● **Exercise objective**
Line tally for the word "some": count the lines below that contain it and reply with the number alone.

Collected data:
○ ○ ○ ○ ○ ○ ○

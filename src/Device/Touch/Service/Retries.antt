-- ===== src/Device/Touch/Service/Retries.antt =====
-- How long the attempts to connect to the service can take.
use mercury_farm.Base.{ℕ, suc, zero, ◌+◌, ◌*◌, ◌≤◌, List, [], ◌∷◌, arith}
use mercury_farm.Device.Touch.Service.{Attempt, opens, closes, breaks, try_connect, connect_service}

abbrev pub total : List ℕ → ℕ
total [] = 0
total (n ∷ ns) = n + total ns

-- each wait is twice the one before it
abbrev doubling : ℕ → ℕ → ℕ
doubling zero delay = 0
doubling (suc n) delay = delay + doubling n (delay * 2)

try_connect-total :
    (n delay : ℕ) (attempts : List Attempt)
    → total (try_connect (suc n) delay attempts).0 ≤ doubling n delay
unfolding try_connect
try_connect-total n delay [] = omega arith
try_connect-total n delay (opens ∷ attempts) = omega arith
try_connect-total n delay (breaks ∷ attempts) = omega arith
try_connect-total zero delay (closes ∷ attempts) = omega arith
try_connect-total (suc n) delay (closes ∷ attempts) =
    omega (arith, try_connect-total n (delay * 2) attempts)

-- `_connectService` waits 6.3 seconds at most.
pub connect_service-total : (attempts : List Attempt) → total (connect_service attempts).0 ≤ 6300
unfolding connect_service
connect_service-total attempts = try_connect-total 6 100 attempts
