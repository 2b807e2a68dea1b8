-- ===== src/Device/Touch/Work.antt =====
-- What is still to be done, and the steps that do it.
use mathlib.Core.Path.{subst}
use mercury_farm.Base.{
  ℕ, ◌+◌, ◌-◌, ◌≤◌, ◌<◌, ◌⊎◌, ◌≡◌, refl, sym, ◌∙◌, true, false, ◌||◌, Option, none, some, List, [],
  ◌∷◌, arith, ◌==◌, if-cases, inl, inr, length,
}
use mercury_farm.Util.StateQueue.{next, empty}
use mercury_farm.Device.Touch.{
  start_state, stop_state, ensured, ensure_state, finish_stop, released, start_with, Step,
  immediate, service_starts, connects, banner_arrives, stopping_ends, is_at, step,
}
use mercury_farm.Device.Touch.Locks.{is_rest, IsLocked, no_op}
use mercury_farm.Device.Touch.Aims.{Follows}
use mercury_farm.Device.Touch.Follows.{flush-same}
use mercury_farm.Device.Touch.State.{
  Running, stopped, starting, started, stopping, state_stopped, state_started, Banner, Op, service,
  connecting, reading_banner, ending, Consumer, process_write_queue,
}

abbrev pub busy : Option Op → ℕ
busy none = 0
busy (some o) = 1

-- what is still to be done
abbrev pub work : Consumer → ℕ
work s = length s.desired + busy s.op + s.immediates

start_state-work :
    (s : Consumer) (queue : List ℕ)
    → s.op ≡ none
    → empty queue ≡ false
    → work (start_state (record s { desired = queue; lock = true })) ≤ length queue + s.immediates
unfolding start_state next empty
start_state-work s [] o h = cc
start_state-work s (d ∷ rest) o h =
    if-cases (λ (t : Consumer). work t ≤ length (d ∷ rest) + s.immediates) (d == state_started)
      (λ _. omega arith) (λ _. ground (arith, o))

stop_state-work :
    (s : Consumer) (queue : List ℕ)
    → s.op ≡ none
    → empty queue ≡ false
    → work (stop_state (record s { desired = queue; lock = true })) ≤ length queue + s.immediates
unfolding stop_state next empty
stop_state-work s [] o h = cc
stop_state-work s (d ∷ rest) o h =
    if-cases (λ (t : Consumer). work t ≤ length (d ∷ rest) + s.immediates) (d == state_stopped)
      (λ _. omega arith) (λ _. ground (arith, o))

ensured-work :
    (r : Running) (s : Consumer)
    → s.op ≡ none
    → empty s.desired ≡ false
    → work (ensured r (record s { lock = true })) ≤ length s.desired + s.immediates
unfolding ensured
ensured-work stopped s o h = start_state-work s s.desired o h
ensured-work started s o h = stop_state-work s s.desired o h
ensured-work starting s o h = ground (arith, o)
ensured-work stopping s o h = ground (arith, o)

ensure_state-work : (s : Consumer) → IsLocked s → work (ensure_state s) ≤ work s
unfolding ensure_state
ensure_state-work s i =
    if-cases (λ (t : Consumer). work t ≤ work s) (empty s.desired || (s.failed || s.lock))
      (λ _. omega arith)
      (λ h.
        let unlocked : s.lock ≡ false = ground arith in
        omega
          (arith, ensured-work s.running s (no_op s.op (sym unlocked ∙ i.of_op)) (ground arith)))

released-work :
    (s : Consumer) → is_rest s.running ≡ true → work (released s) ≤ length s.desired + s.immediates
unfolding released
released-work s r = omega (
  arith,
  ensure_state-work (record s { lock = false; op = none }) (record { of_op = refl; of_rest = r }),
)

busy-at : (o : Op) (op : Option Op) → is_at o op ≡ true → busy op ≡ 1
busy-at o none h = cc
busy-at o (some p) h = refl

start_with-work :
    (b : Banner) (s : Consumer)
    → s.socket ≡ true
    → is_at reading_banner s.op ≡ true
    → work (start_with b s) < work s
unfolding start_with process_write_queue
start_with-work b s k h =
    let t : Consumer = record s { banner = some b; write_queue = [] } in
    let (c, e) = flush-same s.write_queue t in
    let less = released-work (record t { written = c; running = started }) refl in
    let one = busy-at reading_banner s.op h in
    if-cases (λ (u : Consumer). work u < work s) s.socket
      (λ _.
        subst (λ (u : Consumer). work (released (record u { running = started })) < work s) (sym e)
          (omega (arith, less, one)))
      (λ n. absurd (ground (arith, n, k)))

-- one step of each kind that an operation awaits, and one call of `_ensureState`
abbrev pub round : Banner → List Step
round b = service_starts ∷ connects ∷ banner_arrives b ∷ stopping_ends ∷ immediate ∷ []

module _ (wanted : ℕ) (s : Consumer) (i : Follows wanted s) where
  banner-less : (b : Banner) → is_at reading_banner s.op ≡ true → work (start_with b s) < work s
  banner-less b h = start_with-work b s (ground (arith, i.of_socket, h)) h

  pub service-work : work (step service_starts s) ≤ work s
  unfolding step
  service-work =
      if-cases (λ (t : Consumer). work t ≤ work s) (is_at service s.op)
        (λ h. omega (arith, busy-at service s.op h)) (λ _. omega arith)

  pub connect-work : work (step connects s) ≤ work s
  unfolding step
  connect-work =
      if-cases (λ (t : Consumer). work t ≤ work s) (is_at connecting s.op)
        (λ h. omega (arith, busy-at connecting s.op h)) (λ _. omega arith)

  pub banner-work : (b : Banner) → work (step (banner_arrives b) s) ≤ work s
  unfolding step
  banner-work b =
      if-cases (λ (t : Consumer). work t ≤ work s) (is_at reading_banner s.op)
        (λ h. omega (arith, banner-less b h)) (λ _. omega arith)

  pub banner-done :
      (b : Banner) → is_at reading_banner s.op ≡ true → work (step (banner_arrives b) s) < work s
  unfolding step
  banner-done b h =
      if-cases (λ (t : Consumer). work t < work s) (is_at reading_banner s.op)
        (λ k. banner-less b k) (λ n. cc)

  pub stopping-done : is_at ending s.op ≡ true → work (step stopping_ends s) < work s
  unfolding step
  stopping-done h =
      if-cases (λ (t : Consumer). work t < work s) (is_at ending s.op)
        (λ k. omega (arith, released-work (finish_stop s) refl, busy-at ending s.op k)) (λ n. cc)

  pub stopping-work : work (step stopping_ends s) ≤ work s
  unfolding step
  stopping-work =
      if-cases (λ (t : Consumer). work t ≤ work s) (is_at ending s.op)
        (λ h. omega (arith, released-work (finish_stop s) refl, busy-at ending s.op h))
        (λ _. omega arith)

  pub immediate-work :
      (work (step immediate s) ≤ work s) × (s.immediates ≡ 0 ⊎ (work (step immediate s) < work s))
  unfolding step
  immediate-work =
      if-cases (λ (t : Consumer). (work t ≤ work s) × (s.immediates ≡ 0 ⊎ (work t < work s)))
        (s.immediates == 0) (λ h. (omega arith, inl (ground arith)))
        (λ h.
          let less =
            ensure_state-work (record s { immediates = s.immediates - 1 })
              (record { of_op = i.of_lock.of_op; of_rest = i.of_lock.of_rest }) in
          let more : 0 < s.immediates = ground arith in
          (omega (arith, less, more), inr (omega (arith, less, more))))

○ ○ ○ ○ ○ ○ ○

● **Written response**
4